Only lines with the string "arith" should be returned from the data below.

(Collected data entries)
────────────────────

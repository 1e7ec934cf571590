-- ===== src/Filters/Geoblock/Laws.antt =====
-- Which addresses the country filter blocks, told from the configured codes.
use Prim.Native.String.{String}
use go_connect.Base.{
  ◌≡◌, refl, List, [], ◌∷◌, Bool, true, false, none, some, if◌then◌else◌, string_key, arith,
  Bool-cases, inl, inr,
}
use go_connect.Filters.Geoblock.{Geo, CountryDb, normalize, holds, open_db, is_country_blocked}

-- Whether one of the configured codes is `code`, once trimmed and in upper case.
unfoldable pub configured : Geo → String → List String → Bool
configured g code [] = false
configured g code (c ∷ countries) =
    let rest = configured g code countries in
    if string_key.same (g.to_upper (g.trim_space c)) code then true else rest

holds-normalize :
    (g : Geo) (code : String) (countries : List String)
    → g.is_empty code ≡ false
    → holds code (normalize g countries) ≡ configured g code countries
unfolding holds normalize configured
holds-normalize g code [] e = refl
holds-normalize g code (c ∷ countries) e = ground (
  arith,
  holds-normalize g code countries e,
  string_key.same_iff (g.to_upper (g.trim_space c)) code,
)

-- An address whose country is known is blocked where the country is one of the configured codes, up
-- to spaces around and case, and its code is given either way; codes that are empty never block.
pub is_country_blocked-open_db :
    (g : Geo) (ip code : String) (addr : g.Addr) (countries : List String) (db : CountryDb)
    → open_db g true countries ≡ some db
    → g.parse_addr (g.trim_space ip) ≡ some addr
    → g.city addr ≡ some code
    → is_country_blocked g ip db
      ≡ (if g.is_empty code then (false, none) else (configured g code countries, some code))
unfolding open_db is_country_blocked
is_country_blocked-open_db g ip code addr countries db o a c = elim (Bool-cases (g.is_empty code)) [
  | inl e ↦ ground arith
  | inr e ↦ ground (arith, holds-normalize g code countries e)
]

────────────────────

EXERCISE RESULT
  ◌≡◌, refl, List, [], ◌∷◌, Bool, true, false, none, some, if◌then◌else◌, string_key, arith,
  arith,
  | inl e ↦ ground arith
  | inr e ↦ ground (arith, holds-normalize g code countries e)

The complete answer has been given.